===== RECORD EXTRACTS

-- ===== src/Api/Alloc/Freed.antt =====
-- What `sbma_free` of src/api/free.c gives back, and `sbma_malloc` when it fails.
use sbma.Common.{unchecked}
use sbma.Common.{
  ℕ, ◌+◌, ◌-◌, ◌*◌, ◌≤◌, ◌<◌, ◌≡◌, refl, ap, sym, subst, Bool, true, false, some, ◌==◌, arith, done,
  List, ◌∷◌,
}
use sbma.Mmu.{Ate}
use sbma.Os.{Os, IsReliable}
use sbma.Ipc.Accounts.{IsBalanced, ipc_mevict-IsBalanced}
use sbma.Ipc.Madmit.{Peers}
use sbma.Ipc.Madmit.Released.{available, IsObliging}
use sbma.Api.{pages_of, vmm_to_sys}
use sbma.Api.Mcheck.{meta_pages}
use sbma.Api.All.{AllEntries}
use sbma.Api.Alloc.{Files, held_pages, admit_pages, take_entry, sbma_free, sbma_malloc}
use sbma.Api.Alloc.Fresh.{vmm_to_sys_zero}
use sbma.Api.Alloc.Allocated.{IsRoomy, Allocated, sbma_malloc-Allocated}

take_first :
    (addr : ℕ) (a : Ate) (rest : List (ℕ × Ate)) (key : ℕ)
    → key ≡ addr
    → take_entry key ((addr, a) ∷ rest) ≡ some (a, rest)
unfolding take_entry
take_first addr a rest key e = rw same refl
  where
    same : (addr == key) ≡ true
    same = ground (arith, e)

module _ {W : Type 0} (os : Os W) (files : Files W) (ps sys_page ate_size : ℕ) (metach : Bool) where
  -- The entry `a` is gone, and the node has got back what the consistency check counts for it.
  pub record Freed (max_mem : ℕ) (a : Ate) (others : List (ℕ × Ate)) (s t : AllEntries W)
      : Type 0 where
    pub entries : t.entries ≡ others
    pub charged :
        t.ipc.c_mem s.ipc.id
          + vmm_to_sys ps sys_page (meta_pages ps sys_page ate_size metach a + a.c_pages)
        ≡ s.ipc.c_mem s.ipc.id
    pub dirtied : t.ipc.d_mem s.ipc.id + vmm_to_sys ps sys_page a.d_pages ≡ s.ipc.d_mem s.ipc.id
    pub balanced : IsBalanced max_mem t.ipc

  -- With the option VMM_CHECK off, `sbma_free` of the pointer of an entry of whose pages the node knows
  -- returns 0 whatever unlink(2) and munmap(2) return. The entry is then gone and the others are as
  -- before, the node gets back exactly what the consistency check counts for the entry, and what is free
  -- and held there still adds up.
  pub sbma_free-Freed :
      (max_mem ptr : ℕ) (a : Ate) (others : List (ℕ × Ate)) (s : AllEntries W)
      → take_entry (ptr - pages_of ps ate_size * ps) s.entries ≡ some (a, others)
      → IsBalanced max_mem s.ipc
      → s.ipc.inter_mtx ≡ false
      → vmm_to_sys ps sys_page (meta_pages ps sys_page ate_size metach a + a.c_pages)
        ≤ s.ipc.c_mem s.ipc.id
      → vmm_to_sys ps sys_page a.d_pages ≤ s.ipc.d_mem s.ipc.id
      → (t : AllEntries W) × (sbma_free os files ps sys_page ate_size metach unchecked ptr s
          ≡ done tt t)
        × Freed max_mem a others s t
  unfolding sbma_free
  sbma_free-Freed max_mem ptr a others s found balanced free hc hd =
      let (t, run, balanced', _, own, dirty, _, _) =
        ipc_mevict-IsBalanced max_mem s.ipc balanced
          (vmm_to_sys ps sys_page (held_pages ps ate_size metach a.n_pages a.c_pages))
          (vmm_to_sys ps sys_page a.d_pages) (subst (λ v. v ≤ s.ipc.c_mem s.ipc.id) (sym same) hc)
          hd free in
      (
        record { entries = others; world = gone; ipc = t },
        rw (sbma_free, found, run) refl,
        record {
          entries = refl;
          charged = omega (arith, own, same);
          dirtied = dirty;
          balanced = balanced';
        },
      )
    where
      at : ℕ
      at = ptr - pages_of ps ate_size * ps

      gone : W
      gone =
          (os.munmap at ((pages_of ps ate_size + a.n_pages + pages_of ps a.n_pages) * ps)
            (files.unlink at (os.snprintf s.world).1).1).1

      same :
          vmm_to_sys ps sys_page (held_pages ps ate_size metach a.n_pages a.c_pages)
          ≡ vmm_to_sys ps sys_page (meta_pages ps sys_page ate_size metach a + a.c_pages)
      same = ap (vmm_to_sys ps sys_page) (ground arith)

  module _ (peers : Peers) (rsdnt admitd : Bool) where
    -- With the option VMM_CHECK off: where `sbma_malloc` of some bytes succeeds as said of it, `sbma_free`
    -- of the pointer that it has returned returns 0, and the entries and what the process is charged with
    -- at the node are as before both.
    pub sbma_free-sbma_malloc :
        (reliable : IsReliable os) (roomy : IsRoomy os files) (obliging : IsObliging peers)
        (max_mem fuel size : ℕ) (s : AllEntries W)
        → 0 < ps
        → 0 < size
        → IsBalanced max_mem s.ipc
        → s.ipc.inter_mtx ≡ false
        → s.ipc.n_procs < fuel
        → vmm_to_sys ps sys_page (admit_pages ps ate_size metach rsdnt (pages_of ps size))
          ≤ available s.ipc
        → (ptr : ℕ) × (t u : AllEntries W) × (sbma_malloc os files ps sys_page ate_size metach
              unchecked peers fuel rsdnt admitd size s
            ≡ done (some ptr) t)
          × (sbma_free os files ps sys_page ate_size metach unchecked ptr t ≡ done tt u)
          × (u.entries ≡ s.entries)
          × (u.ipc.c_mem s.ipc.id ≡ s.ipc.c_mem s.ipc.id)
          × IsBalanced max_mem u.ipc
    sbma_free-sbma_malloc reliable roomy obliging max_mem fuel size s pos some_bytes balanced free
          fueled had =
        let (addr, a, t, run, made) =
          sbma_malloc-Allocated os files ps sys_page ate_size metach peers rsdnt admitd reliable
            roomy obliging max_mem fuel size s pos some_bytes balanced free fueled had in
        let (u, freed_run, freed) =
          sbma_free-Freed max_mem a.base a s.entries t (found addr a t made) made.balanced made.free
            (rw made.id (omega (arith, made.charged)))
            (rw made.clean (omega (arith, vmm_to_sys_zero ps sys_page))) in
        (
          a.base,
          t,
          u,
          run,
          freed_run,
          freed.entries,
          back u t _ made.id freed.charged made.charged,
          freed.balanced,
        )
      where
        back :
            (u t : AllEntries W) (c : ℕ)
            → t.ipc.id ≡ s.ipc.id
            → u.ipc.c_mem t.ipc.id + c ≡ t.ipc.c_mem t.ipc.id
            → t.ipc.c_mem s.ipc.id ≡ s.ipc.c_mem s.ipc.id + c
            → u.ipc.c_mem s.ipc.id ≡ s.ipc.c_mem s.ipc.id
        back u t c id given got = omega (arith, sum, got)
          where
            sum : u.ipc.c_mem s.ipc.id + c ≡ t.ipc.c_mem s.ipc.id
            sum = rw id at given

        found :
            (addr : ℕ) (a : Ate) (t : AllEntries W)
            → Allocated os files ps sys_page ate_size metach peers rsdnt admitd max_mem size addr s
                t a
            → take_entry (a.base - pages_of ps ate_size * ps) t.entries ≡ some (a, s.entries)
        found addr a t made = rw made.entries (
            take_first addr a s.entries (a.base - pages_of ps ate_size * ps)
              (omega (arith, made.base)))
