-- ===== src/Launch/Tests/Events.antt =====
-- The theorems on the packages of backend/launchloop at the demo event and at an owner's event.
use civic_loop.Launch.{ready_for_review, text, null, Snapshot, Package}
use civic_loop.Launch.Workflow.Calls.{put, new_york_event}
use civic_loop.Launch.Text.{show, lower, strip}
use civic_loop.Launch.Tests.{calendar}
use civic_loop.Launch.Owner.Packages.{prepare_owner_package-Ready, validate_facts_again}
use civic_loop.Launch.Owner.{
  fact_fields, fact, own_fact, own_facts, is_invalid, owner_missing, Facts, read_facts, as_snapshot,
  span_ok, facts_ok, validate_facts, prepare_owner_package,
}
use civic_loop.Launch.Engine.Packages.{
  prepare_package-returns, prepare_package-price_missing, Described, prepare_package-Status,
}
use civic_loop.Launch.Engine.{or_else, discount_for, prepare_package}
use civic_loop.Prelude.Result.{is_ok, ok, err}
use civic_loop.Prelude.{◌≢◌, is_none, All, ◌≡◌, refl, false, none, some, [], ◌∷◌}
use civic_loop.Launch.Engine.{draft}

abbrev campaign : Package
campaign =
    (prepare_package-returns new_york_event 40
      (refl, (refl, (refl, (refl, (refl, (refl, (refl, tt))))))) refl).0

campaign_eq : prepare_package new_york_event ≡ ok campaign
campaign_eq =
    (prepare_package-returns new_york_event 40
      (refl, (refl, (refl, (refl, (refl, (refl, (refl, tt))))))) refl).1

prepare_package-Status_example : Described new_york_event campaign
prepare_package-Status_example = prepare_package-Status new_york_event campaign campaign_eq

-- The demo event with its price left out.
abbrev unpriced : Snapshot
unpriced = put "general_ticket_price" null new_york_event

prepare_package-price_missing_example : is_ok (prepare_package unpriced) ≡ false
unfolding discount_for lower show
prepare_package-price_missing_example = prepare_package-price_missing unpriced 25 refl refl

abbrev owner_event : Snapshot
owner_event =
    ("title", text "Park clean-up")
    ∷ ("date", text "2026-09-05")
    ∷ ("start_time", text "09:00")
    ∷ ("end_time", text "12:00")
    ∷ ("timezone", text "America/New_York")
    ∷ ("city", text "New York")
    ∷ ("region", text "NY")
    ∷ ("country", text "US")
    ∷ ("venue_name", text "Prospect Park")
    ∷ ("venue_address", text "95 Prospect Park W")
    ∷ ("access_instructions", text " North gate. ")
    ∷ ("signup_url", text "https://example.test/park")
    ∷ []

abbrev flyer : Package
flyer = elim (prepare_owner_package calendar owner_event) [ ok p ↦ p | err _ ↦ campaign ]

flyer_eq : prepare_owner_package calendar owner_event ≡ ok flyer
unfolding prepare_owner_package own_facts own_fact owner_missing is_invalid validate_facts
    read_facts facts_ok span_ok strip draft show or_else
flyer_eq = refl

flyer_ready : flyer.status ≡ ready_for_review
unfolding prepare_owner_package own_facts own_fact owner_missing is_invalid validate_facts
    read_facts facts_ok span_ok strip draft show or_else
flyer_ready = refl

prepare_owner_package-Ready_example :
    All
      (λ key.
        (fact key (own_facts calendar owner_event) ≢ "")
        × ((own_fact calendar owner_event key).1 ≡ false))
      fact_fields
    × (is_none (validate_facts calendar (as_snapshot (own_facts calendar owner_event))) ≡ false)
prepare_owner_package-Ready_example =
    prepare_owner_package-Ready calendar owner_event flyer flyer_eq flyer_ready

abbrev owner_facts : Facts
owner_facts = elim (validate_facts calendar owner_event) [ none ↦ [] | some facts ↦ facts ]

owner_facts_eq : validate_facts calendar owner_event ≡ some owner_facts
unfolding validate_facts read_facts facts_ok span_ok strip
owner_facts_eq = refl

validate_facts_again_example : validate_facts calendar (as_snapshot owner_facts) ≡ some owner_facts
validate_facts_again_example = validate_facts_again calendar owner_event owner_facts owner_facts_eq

==========

* _YOUR GOAL_: The answer must be a single number: how many lines of the data hold the word "done".

* _EXERCISE ANSWER_: 4